Como se tornar dj? Essa é a pergunta que sempre surge na cabeça de um aspirante a dj. Geralmente a vontade de aprender aparece depois de uma noite incrível em um festa com um dj experiente. Se você tem se perguntado por onde começar, esse post vai te ajudar a dar os primeiros passos. Continue lendo para saber como.

O efeito causado por uma boa seleção de músicas mixadas em transições suaves pode ser devastador… Em alguns casos a conversão é instantânea: bastam algumas batidas para que o interesse seja despertado e daí em diante o caminho é sem volta.

Se você está lendo esse post, é por que está interessado em aprender a tocar. Antes de procurar um curso ou já sair comprando equipamentos, preparamos um material introdutório para ajudá-lo a ter uma visão mais geral sobre a arte da discotecagem. Parece bom? Leia até o final, você vai aprender sobre:


1 – Conhecendo a cena

2 – Principais desafios

3 – Dicas para começar

4 – Considerações finais

Como se tornar dj

Um dos fenômenos mais comuns entre aqueles que desejam aprender a tocar é o primeiro susto com as dificuldades. Nossa pretensão aqui não é a de assustar ninguém, pelo contrário, esperamos gerar algum grau de motivação e interesse, mas sem recorrer a promessas de facilidade ou receitas prontas. Esse assunto deve ser tratado com realismo e respeito. É o que pretendemos fazer a seguir.

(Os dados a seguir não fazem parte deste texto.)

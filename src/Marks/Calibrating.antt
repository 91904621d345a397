-- ===== src/Marks/Calibrating.antt =====
-- The calibration and outcome blocks of `record_valid_mark` in src/context.rs, beside their
-- specified places.
use tracegrams.Prelude.{
  ◌<◌, ◌==◌, ◌∙◌, ◌≡◌, Bool, Bool-cases, Option, Option-cases, ap, arith, false, from_bool,
  get_elem?, get_elem?-eq-some, get_or, inl, inr, leb, lt→ltb, none, refl, returns, some, true, ℕ,
}
use tracegrams.Bucket.Spec.{bucket_of, grid, grid-lt, calibration_bucketize-grid}
use tracegrams.Context.{Outcome}
use tracegrams.Calibration.{FrozenStageCalibration, previous_cumulative_threshold}
use tracegrams.Recorder.{Inner}
use tracegrams.Recorder.Bumps.{
  IsUsable, IsReady, value_ns, bumped, bumped_all, increment-bumped, increment_diagnostic-bumped,
  bumped-IsReady,
}
use tracegrams.Layout.{
  Segment, Diagnostic, Population, first_online_counter, predecessor_online_counter,
  calibration_index, completion_index, online_index,
}
use tracegrams.Layout.Facts.{at, index_of}
use tracegrams.Updates.{
  record_collecting, record_frozen_online, record_outcome, record_calibration, is_error,
}
use tracegrams.Marks.Places.{
  collecting_places, classified_place, online_places, calibration_places, outcome_places,
}
use tracegrams.Marks.Blocks.{before_of, increment_next, bumped-layout}

module _ (n : ℕ) (r : Inner) (v : IsReady n r) where
  -- A grid index passes the assertion of `calibration_index`.
  grid_assert :
      (stage value : ℕ) (p : Population)
      → calibration_index r.layout stage p (grid value)
        ≡ returns (index_of r.layout (at (Segment.calibration p) stage (grid value)))
  unfolding calibration_index
  grid_assert stage value p = rw (lt→ltb (grid value) 250 (grid-lt value))

  collecting_first :
      (stage before_ns local_ns : ℕ)
      → stage < n
      → record_collecting r before_ns stage none local_ns local_ns
          (bucket_of local_ns)
          (bucket_of local_ns)
        ≡ returns (bumped_all r (collecting_places stage false before_ns local_ns local_ns))
  unfolding record_collecting bumped_all
  collecting_first stage before_ns local_ns h =
      let p₁ = at (Segment.calibration Population.local) stage (grid local_ns) in
      let p₂ = at (Segment.calibration Population.cumulative_after) stage (grid local_ns) in
      rw (
        calibration_bucketize-grid local_ns,
        grid_assert stage local_ns Population.local,
        increment-bumped n r v p₁ (h, grid-lt local_ns),
        grid_assert stage local_ns Population.cumulative_after,
        increment_next n r (bumped r p₁) p₂ (bumped-IsReady n r v p₁) (bumped-layout r p₁)
            (h, grid-lt local_ns),
      )

  pub record_collecting-places :
      (stage : ℕ) (later : Bool) (before_ns local_ns cumulative_ns : ℕ)
      → stage < n
      → (later ≡ false → cumulative_ns ≡ local_ns)
      → record_collecting r before_ns stage
          (before_of later stage before_ns)
          local_ns
          cumulative_ns
          (bucket_of local_ns)
          (bucket_of cumulative_ns)
        ≡ returns (bumped_all r (collecting_places stage later before_ns local_ns cumulative_ns))
  unfolding record_collecting bumped_all
  record_collecting-places stage false before_ns local_ns cumulative_ns h first =
      rw (first refl) (collecting_first stage before_ns local_ns h)
  record_collecting-places stage true before_ns local_ns cumulative_ns h first =
      let p₁ = at (Segment.calibration Population.local) stage (grid local_ns) in
      let p₂ = at (Segment.calibration Population.cumulative_after) stage (grid cumulative_ns) in
      let p₃ = at (Segment.calibration Population.previous_cumulative) stage (grid before_ns) in
      let r₁ = bumped r p₁ in
      let r₂ = bumped r₁ p₂ in
      let v₁ = bumped-IsReady n r v p₁ in
      let v₂ = bumped-IsReady n r₁ v₁ p₂ in
      rw (
        calibration_bucketize-grid local_ns,
        calibration_bucketize-grid cumulative_ns,
        grid_assert stage local_ns Population.local,
        increment-bumped n r v p₁ (h, grid-lt local_ns),
        grid_assert stage cumulative_ns Population.cumulative_after,
        increment_next n r r₁ p₂ v₁ (bumped-layout r p₁) (h, grid-lt cumulative_ns),
        calibration_bucketize-grid before_ns,
        grid_assert stage before_ns Population.previous_cumulative,
        increment_next n r r₂ p₃ v₂ (bumped-layout r₁ p₂ ∙ bumped-layout r p₁)
            (h, grid-lt before_ns),
      )

  pub record_outcome-places :
      (stage : ℕ) (outcome : Option Outcome)
      → stage < n
      → record_outcome r stage outcome ≡ returns (bumped_all r (outcome_places stage outcome))
  unfolding record_outcome bumped_all completion_index
  record_outcome-places stage none h = refl
  record_outcome-places stage (some o) h =
      increment-bumped n r v (at Segment.completion stage (from_bool (is_error o)))
        (h, error_fits o)
    where
      error_fits : (o : Outcome) → from_bool (is_error o) < 2
      error_fits Outcome.success = omega arith
      error_fits Outcome.failure = omega arith

  first-lt : (a b : Bool) → first_online_counter a b < 12
  unfolding first_online_counter
  first-lt a b = ground arith

  predecessor-lt : (a b c : Bool) → predecessor_online_counter a b c < 12
  unfolding predecessor_online_counter
  predecessor-lt a b c = ground arith

  classified_lem :
      (c : FrozenStageCalibration) (stage : ℕ) (later : Bool) (before_ns local_ns cumulative_ns : ℕ)
      → IsUsable c
      → stage < n
      → get_elem? r.frozen_calibration stage ≡ some (some c)
      → record_frozen_online r true before_ns stage
          (before_of later stage before_ns)
          local_ns
          cumulative_ns
        ≡ returns (bumped r (classified_place c stage later before_ns local_ns cumulative_ns))
  unfolding record_frozen_online online_index
  classified_lem c stage false before_ns local_ns cumulative_ns u h e = rw (
    e,
    u.local_read,
    u.after_read,
    increment-bumped n r v (classified_place c stage false before_ns local_ns cumulative_ns)
        (h, first-lt _ _),
  )
  classified_lem c stage true before_ns local_ns cumulative_ns u h e =
      elim (Option-cases (previous_cumulative_threshold c)) [
        | inl missing ↦ rw (
          e,
          u.local_read,
          u.after_read,
          missing,
          increment_diagnostic-bumped n r v
              Diagnostic.online_samples_skipped_missing_previous_threshold,
        )
        | inr (previous_ns, found) ↦ rw (
          e,
          u.local_read,
          u.after_read,
          found,
          increment-bumped n r v
              (at Segment.online stage (
                predecessor_online_counter (leb previous_ns before_ns)
                  (leb (value_ns c.report.local.estimate) local_ns)
                  (leb (value_ns c.report.cumulative_after.estimate) cumulative_ns)))
              (h, predecessor-lt _ _ _),
        )
      ]

  pub online_places_lem :
      (started : Bool) (stage : ℕ) (later : Bool) (before_ns local_ns cumulative_ns : ℕ)
      → stage < n
      → record_frozen_online r started before_ns stage
          (before_of later stage before_ns)
          local_ns
          cumulative_ns
        ≡ returns
            (bumped_all r (online_places r started stage later before_ns local_ns cumulative_ns))
  unfolding bumped_all record_frozen_online
  online_places_lem false stage later before_ns local_ns cumulative_ns h = refl
  online_places_lem true stage later before_ns local_ns cumulative_ns h =
      let e = get_elem?-eq-some r.frozen_calibration stage none (rw v.cells h) in
      elim (Option-cases (get_or r.frozen_calibration stage none)) [
        | inl missing ↦ rw (e, missing)
        | inr (c, found) ↦
            let published = e ∙ ap some found in
            rw found (
              classified_lem c stage later before_ns local_ns cumulative_ns
                (v.usable stage c published) h published)
      ]

  pub record_calibration-places :
      (started : Bool) (stage : ℕ) (later : Bool) (before_ns local_ns cumulative_ns : ℕ)
      → stage < n
      → (later ≡ false → cumulative_ns ≡ local_ns)
      → record_calibration r started before_ns stage
          (before_of later stage before_ns)
          local_ns
          cumulative_ns
          (bucket_of local_ns)
          (bucket_of cumulative_ns)
        ≡ returns (
            bumped_all r
              (calibration_places r started stage later before_ns local_ns cumulative_ns))
  unfolding record_calibration bumped_all
  record_calibration-places started stage later before_ns local_ns cumulative_ns h first =
      elim (Bool-cases (r.calibration_state == 0)) [
        | inl e₀ ↦
            rw e₀ (record_collecting-places stage later before_ns local_ns cumulative_ns h first)
        | inr e₀ ↦ elim (Bool-cases (r.calibration_state == 1)) [
          | inl e₁ ↦ rw (
            e₀,
            e₁,
            increment_diagnostic-bumped n r v Diagnostic.calibration_samples_skipped_while_freezing,
          )
          | inr e₁ ↦
              let e₂ : (r.calibration_state == 2) ≡ true = ground (arith, v.state_ok) in
              rw (e₀, e₁, e₂)
                (online_places_lem started stage later before_ns local_ns cumulative_ns h)
        ]
      ]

A visão inicial de quem ainda não entrou em contato real com os equipamentos e técnicas é a da simplicidade aparente. De fora, tocar parece apenas uma questão de apertar botões e levantar os braços para cima. Na prática o processo de como se tornar dj envolve muita técnica e bagagem, apertar botões é apenas a ponta do iceberg.

Se pensarmos na prática de tocar qualquer instrumento de forma pura, ela parecerá simples e boba: tocar violão é uma questão de bater a palheta nas cordas de forma ordenada ou tocar bateria é apenas uma questão de bater com a baqueta nos tambores.

Tudo parece simples desse ponto de vista. Mas quando pensamos na capacidade humana de transmitir emoções e conectar pessoas através de vibrações sonoras ordenadas de forma intencional, a coisa começa a parecer mais complicada.

Feito este esclarecimento, podemos prosseguir com o guia.

1 – Como se tornar dj: comece pela história
Conhecendo a cena

Antes de aprender como se tornar um dj, você precisará conhecer um pouco sobre a cena, como as coisas funcionam e como viemos parar no estado em que nos encontramos. Para isso, é importante recuperarmos brevemente a história e evolução da cena.

A música eletrônica já não é mais algo tão distante e alienígena como fora no passado, a maioria das pessoas tem ou teve contato com esse tipo de música.

Seja frequentando uma festa ou ouvindo música em uma rádio, streaming, etc. O interessante é que boa parte das pessoas, até mesmo aquelas que dizem não gostar de música eletrônica, muitas vezes ouvem bandas que utilizam sintetizadores, instrumentos e efeitos relacionados à música eletrônica que não são notados por ouvidos não treinados.

Mas essa popularidade da eletrônica não foi sempre assim. Na verdade durante um certo tempo, ela esteve associada exclusivamente à uma visão negativa e ganhou o status de subversiva.

Hoje, quando falamos de música eletrônica para “outsiders” (pessoas não pertencentes à cena) a primeira imagem que aparece em suas mentes normalmente é aquela dos grandes festivais com djs galãs de braços para cima, preços exorbitantes, música comercial e muitos jatos de CO2.

Esse cenário parecia completamente improvável há alguns anos. Ao contrário dessa visão idílica de um mercado receptivo e multimilionário, na verdade a música eletrônica esteve associada a movimentos subversivos de resistência.

A house music, por exemplo, surgiu como uma continuação da cena disco dos anos 1970, refúgio de grupos negros, homossexuais e imigrantes discriminados nos Estados Unidos.

“O club Warehouse era um lugar apenas para membros, eles queriam que as pessoas entrassem lá e deixassem de fora todo o preconceito, homofobia, sexismo.” Honey Dijon – Dj e produtora.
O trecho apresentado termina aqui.